Seen and heard almost everywhere in New York are these four words: "Hey, you never know." It's the slogan of the New York State Lottery Commission, and it is used to trick people into a self-imposed form of higher taxation.

The pursuit of the average Joe's dollars is relentless. Day and night the slickly produced ads are broadcast on radio, the boob tube, and billboards. There's no escape for people who can see, hear, or read. And, despite booming lottery revenues, the appetite of government for more money is ravenous.

Even finding ways to grab a few extra cents is not beyond the imagination of lottery bureaucrats. For instance, not satisfied with just taking a few bucks from the citizens, the announcer urges the public to call the lottery's "official" number hotline for results, then adds "all calls 40 cents."

Lottery officials can't be accused of discrimination. They want to separate anyone and everyone from his money. If you're an invalid, these folks want your money, too. You can play by mail. Would you like to prepay for a year's worth of games? Lottery commission officials will be happy to take your check. Hey, you're welcome!

Millions of taxpayer dollars are spent by state officials and their flunkies, who are constantly trying to hook citizens on a form of gambling so outrageously rigged that no odds are ever quoted in these compelling commercials. Why do they need all this advertising to constantly snag more poor suckers?

In one New York State lottery publication, a bureaucrat writes: "the history of state lotteries suggests that consumers may lose interest over time and, as a result revenues may decline. "Hey, you never know! To combat this trend," the publication continues, "new products will have to be introduced to stimulate consumer demand and advertising expenditures may increase greatly."

So what are the chances of winning a six-figure state lottery? They are 1 in 13,983,816. Take out your calculator, divide 1 by 13,983,816, and you get something like 0.000000715. It's a point made by A.K. Dewdney, a computer science professor who wrote a superb book, 200% of Nothing. The chances of winning a substantial prize are so close to zero as to be just about indistinguishable from nothing. You have almost as much chance of winning by playing the lottery as not playing the lottery. The upshot: keep your money.

Yet millions of people across the United States still play.

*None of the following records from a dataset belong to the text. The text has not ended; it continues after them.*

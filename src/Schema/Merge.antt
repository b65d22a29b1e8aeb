-- ===== src/Schema/Merge.antt =====
-- src/schema/merge.rs: the declared schema over the inferred one.
pub mod Tables
pub mod Keys
pub mod Sound
use dirbase.Prelude.{
  String, Bool, Option, none, some, List, [], ◌∷◌, ◌++◌, unwrap_or, or_else, and_then,
  if◌then◌else◌,
}
use dirbase.BTreeMap
use dirbase.BTreeMap.{BTreeMap}
use dirbase.Error.{Result, ok, ◌>>◌}
use dirbase.Runtime.{Runtime}
use dirbase.Schema.Types.{
  TableKind, ForeignKey, ColumnSchema, TableSchema, Schema, DeclaredTableSchema, DeclaredSchema,
}
use dirbase.Schema.Relations.{build_table_aliases, detect_foreign_keys, infer_table_kind}
use dirbase.Schema.Relations.ManyToMany.{derive_many_to_many_schema}
use dirbase.Schema.Validation.{validate_effective_schema, validate_declared_schema}

-- The loop that inserts every entry of a map into another.
unfoldable pub insert_all {ℓ} : {V : Type ℓ} → BTreeMap V → BTreeMap V → BTreeMap V
insert_all [] old = old
insert_all ((key, value) ∷ new) old = insert_all new (BTreeMap.insert old key value)

module _ ⦃rt : Runtime⦄ where
  abbrev pub default_table : TableSchema
  default_table = record {
    kind = TableKind.unknown;
    primary_key = none;
    columns = [];
    foreign_keys = [];
    many_to_many = [];
  }

  -- One round of the first loop: the declared columns, key and kind over the inferred ones.
  unfoldable pub overlay_table : DeclaredTableSchema → TableSchema → TableSchema
  overlay_table declared_table entry = record entry {
    columns = insert_all declared_table.columns entry.columns;
    primary_key = or_else declared_table.primary_key entry.primary_key;
    kind = unwrap_or declared_table.kind entry.kind;
  }

  pub overlay_tables : BTreeMap DeclaredTableSchema → BTreeMap TableSchema → BTreeMap TableSchema
  overlay_tables [] tables = tables
  overlay_tables ((table_name, declared_table) ∷ declared) tables = overlay_tables declared (
      BTreeMap.insert tables table_name
        (overlay_table declared_table (unwrap_or (BTreeMap.get tables table_name) default_table)))

  -- The tables of the declared schema, if there is one.
  abbrev pub declared_tables : Option DeclaredSchema → BTreeMap DeclaredTableSchema
  declared_tables none = []
  declared_tables (some declared) = declared.tables

  -- The columns that detection leaves alone: declared foreign keys, and suppressed ones.
  manual_columns : Option DeclaredTableSchema → List String
  manual_columns none = []
  manual_columns (some table) = BTreeMap.keys table.foreign_keys ++ table.suppressed_foreign_keys

  pub declared_keys : Option DeclaredTableSchema → BTreeMap ForeignKey
  declared_keys none = []
  declared_keys (some table) = table.foreign_keys

  found_kind :
      String
      → BTreeMap TableSchema
      → BTreeMap ForeignKey
      → Option TableKind
      → Option TableSchema
      → TableKind
  found_kind table_name tables foreign_keys (some kind) table = kind
  found_kind table_name tables foreign_keys none none = TableKind.unknown
  found_kind table_name tables foreign_keys none (some table) =
      infer_table_kind table_name (record table { foreign_keys = foreign_keys }) tables

  set_relations :
      String
      → BTreeMap TableSchema
      → BTreeMap ForeignKey
      → TableKind
      → Option TableSchema
      → BTreeMap TableSchema
  set_relations table_name tables foreign_keys kind none = tables
  set_relations table_name tables foreign_keys kind (some table) =
      BTreeMap.insert tables table_name
        (record table { foreign_keys = foreign_keys; many_to_many = []; kind = kind })

  -- The foreign keys of a table: the detected ones, and the declared ones over them.
  foreign_keys_of :
      String
      → BTreeMap TableSchema
      → BTreeMap String
      → Option DeclaredTableSchema
      → BTreeMap ForeignKey
  unfolding manual_columns declared_keys
  foreign_keys_of table_name tables aliases declared_table =
      insert_all (declared_keys declared_table)
        (detect_foreign_keys table_name tables aliases (manual_columns declared_table))

  -- One round of the second loop.
  pub relate_table :
      String
      → BTreeMap TableSchema
      → BTreeMap String
      → Option DeclaredTableSchema
      → BTreeMap TableSchema
  unfolding found_kind set_relations foreign_keys_of
  relate_table table_name tables aliases declared_table =
      let foreign_keys = foreign_keys_of table_name tables aliases declared_table in
      set_relations table_name tables foreign_keys
        (found_kind table_name tables foreign_keys (and_then declared_table (λ t. t.kind))
          (BTreeMap.get tables table_name))
        (BTreeMap.get tables table_name)

  pub relate_tables :
      List String
      → BTreeMap TableSchema
      → BTreeMap String
      → BTreeMap DeclaredTableSchema
      → BTreeMap TableSchema
  unfolding relate_table
  relate_tables [] tables aliases declared = tables
  relate_tables (table_name ∷ names) tables aliases declared =
      relate_tables names
        (relate_table table_name tables aliases (BTreeMap.get declared table_name)) aliases declared

  -- The tables before the relations through junction tables are added.
  unfoldable pub merged_tables : Option DeclaredSchema → Schema → BTreeMap TableSchema
  unfolding overlay_tables relate_tables
  merged_tables declared inferred =
      let tables = overlay_tables (declared_tables declared) inferred.tables in
      relate_tables (BTreeMap.keys tables) tables (build_table_aliases tables)
        (declared_tables declared)

  unfoldable pub merge_schemas : Option DeclaredSchema → Schema → Result Schema String
  unfolding merged_tables
  merge_schemas declared inferred = do
    validate_effective_schema (record { tables = merged_tables declared inferred })
    validate_declared_schema declared (record { tables = merged_tables declared inferred })
    ok (derive_many_to_many_schema (record { tables = merged_tables declared inferred }))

Last year, 37 state lotteries and the lottery in the District of Columbia generated $35.8 billion in sales and $11.8 billion in profits, according to the state lottery organization that compiles this sort of data. Sales and profits of state lotteries generally grow at an annual rate of about 4%.

In New York State, it's also tall cotton for the state government. Since state lottery flimflammery began in 1967, some $30 billion has been spent on lottery tickets. The masters in Albany have made about $12.5 billion after deducting for expenses such as the ubiquitous commercials.

When a private-sector business makes this kind of money, it usually is branded as "obscene profits."But, because this is all for "a good cause," no one complains. The suckers in the Empire State were told back in the 1960s that they were helping education (state education, of course) and that their lottery would lower their taxes.

The state would need less in taxes because of this huge new source of revenue, an argument reminiscent of the one used whenever a new tax has been put on the books. Even so, in a cheery pamphlet applauding the New York State lottery by the New York State School Boards Association, lottery advocates agree that "in most states, as in New York, lottery proceeds are far less a boon to education than most people think."

Lottery advocates concede there was confusion back in the 1960s. That's when the notoriously spendthrift governor Nelson Rockefeller and his henchmen in the state legislature started to push the scheme. Taxpayers were led to believe that lottery revenues would provide "a separate, supplemental, dedicated source of education fund that would result in lower increases (or even perhaps reductions) in the level of property taxes for New York State homeowners," according to a publication of the State School Boards Association.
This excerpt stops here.